**BRIEF**
When the line with "not_found (n ∷" appears below, start repeating lines exactly, and keep going through the line with "get_chosen_namespaces config names"; add nothing outside that span.
-- Opening Marker --
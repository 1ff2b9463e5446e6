-- ===== src/Monitor.antt =====
-- tools/monitor.py and tools/kubectl.py: the namespaces that are chosen, the status that is shown
-- for a pod, and `kubectl` in each namespace. What the Kubernetes API answers comes in as values.
pub mod Status
pub mod Chosen
pub mod Data
pub mod Tables
pub mod Rows
pub mod LogsCommand
mod Tests
use sunstorm_xactserver.Base.{
  String, Bool, true, false, not, ◌&&◌, Option, none, some, List, [], ◌∷◌, ◌++◌, contains, ◌==◌,
  string_eq, if◌then◌else◌,
}
use sunstorm_xactserver.Base.Dict.{Dict, keys}
use sunstorm_xactserver.Base.Result.{Result, ok, err}
use sunstorm_xactserver.Config.{MainConfig, NamespaceInfo, get_namespaces, get_context}
use sunstorm_xactserver.Shell.{
  Command, Shell, Failure, no_workers, context_error, Run, run_subprocess,
}

-- `not names or ns in names`
abbrev pub is_wanted : List String → String → Bool
is_wanted [] ns = true
is_wanted (n ∷ names) ns = contains (n ∷ names) ns

-- `{ns: info for ns, info in namespaces.items() if ...}`
pub choose : List String → Dict String NamespaceInfo → Dict String NamespaceInfo
choose names [] = []
choose names ((ns, info) ∷ rest) =
    let chosen = choose names rest in if is_wanted names ns then (ns, info) ∷ chosen else chosen

-- The names that a warning is logged for.
pub not_found : List String → Dict String NamespaceInfo → List String
not_found [] chosen = []
not_found (n ∷ names) chosen =
    let rest = not_found names chosen in if contains (keys chosen) n then rest else n ∷ rest

-- `get_chosen_namespaces`, and what it warns of
pub get_chosen_namespaces : MainConfig → List String → Dict String NamespaceInfo × List String
unfolding choose not_found get_namespaces
get_chosen_namespaces config names =
    let chosen = choose names (get_namespaces config) in (chosen, not_found names chosen)

pub record Condition : Type 0 where
  pub kind : String
  pub status : String

pub data ContainerState : Type 0 where
  waiting terminated : Option String → ContainerState
  other : ContainerState

pub record Container : Type 0 where
  pub ready : Bool
  pub state : ContainerState

-- `conditions or []` and `container_statuses or []`
pub record Pod : Type 0 where
  pub phase : Option String
  pub conditions : List Condition
  pub containers : List Container

abbrev pub is_disruption : Condition → Bool
is_disruption c = (c.kind == "DisruptionTarget") && (c.status == "True")

abbrev pub is_containers_ready : Condition → Bool
is_containers_ready c = (c.kind == "ContainersReady") && (c.status == "True")

-- The loop over the conditions: `is_disrupted` and `containers_ready` when it ends, at a
-- disruption or behind the last condition.
pub scan_conditions : List Condition → Bool → Bool × Bool
scan_conditions [] ready = (false, ready)
scan_conditions (c ∷ rest) ready = elim (is_disruption c) [
  | true ↦ (true, ready)
  | false ↦ scan_conditions rest (if is_containers_ready c then true else ready)
]

-- The loop over the containers.
pub scan_containers : List Container → Option String
scan_containers [] = some "Running"
scan_containers (c ∷ rest) =
    let later = scan_containers rest in
    if c.ready
    then later
    else elim c.state [ waiting reason ↦ reason | terminated reason ↦ reason | other ↦ later ]

abbrev pub is_running : Option String → Bool
is_running none = false
is_running (some phase) = phase == "Running"

-- `_compute_status`
pub compute_status : Pod → Option String
unfolding scan_conditions scan_containers
compute_status pod =
    if is_running pod.phase
    then (let (is_disrupted, containers_ready) = scan_conditions pod.conditions false in
        if is_disrupted
        then some "Terminating"
        else if containers_ready
        then some "Running"
        else scan_containers pod.containers)
    else pod.phase

module _ (shell : Shell) (config : MainConfig) (kubectl_args : List String) where
  abbrev pub kubectl : String → String → Command
  kubectl ns context = "kubectl" ∷ "--namespace" ∷ ns ∷ "--context" ∷ context ∷ kubectl_args

  -- `run_kubectl`
  run_kubectl : Bool → String → String → List Command → Run
  unfolding get_context run_subprocess
  run_kubectl dry_run ns region log = elim (get_context config region) [
    | err e ↦ (err (context_error e), log)
    | ok context ↦ run_subprocess shell (kubectl ns context) dry_run true log
  ]

  -- The tasks of the pool, one after the other. What a task raises is not looked at.
  unfoldable pub run_all : Bool → Dict String NamespaceInfo → List Command → List Command
  unfolding run_kubectl
  run_all dry_run [] log = log
  run_all dry_run ((ns, info) ∷ rest) log =
      run_all dry_run rest (run_kubectl dry_run ns info.region log).1

  -- `main` of tools/kubectl.py: a thread pool wants at least one worker.
  unfoldable pub main : Bool → List String → List Command → Run
  unfolding run_all choose get_namespaces
  main dry_run names log = elim (choose names (get_namespaces config)) [
    | [] ↦ (err no_workers, log)
    | n ∷ ns ↦ (ok tt, run_all dry_run (n ∷ ns) log)
  ]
-- Closing Marker --
**TASK RESPONSE**
not_found (n ∷ names) chosen =
    let rest = not_found names chosen in if contains (keys chosen) n then rest else n ∷ rest

-- `get_chosen_namespaces`, and what it warns of
pub get_chosen_namespaces : MainConfig → List String → Dict String NamespaceInfo × List String
unfolding choose not_found get_namespaces
get_chosen_namespaces config names =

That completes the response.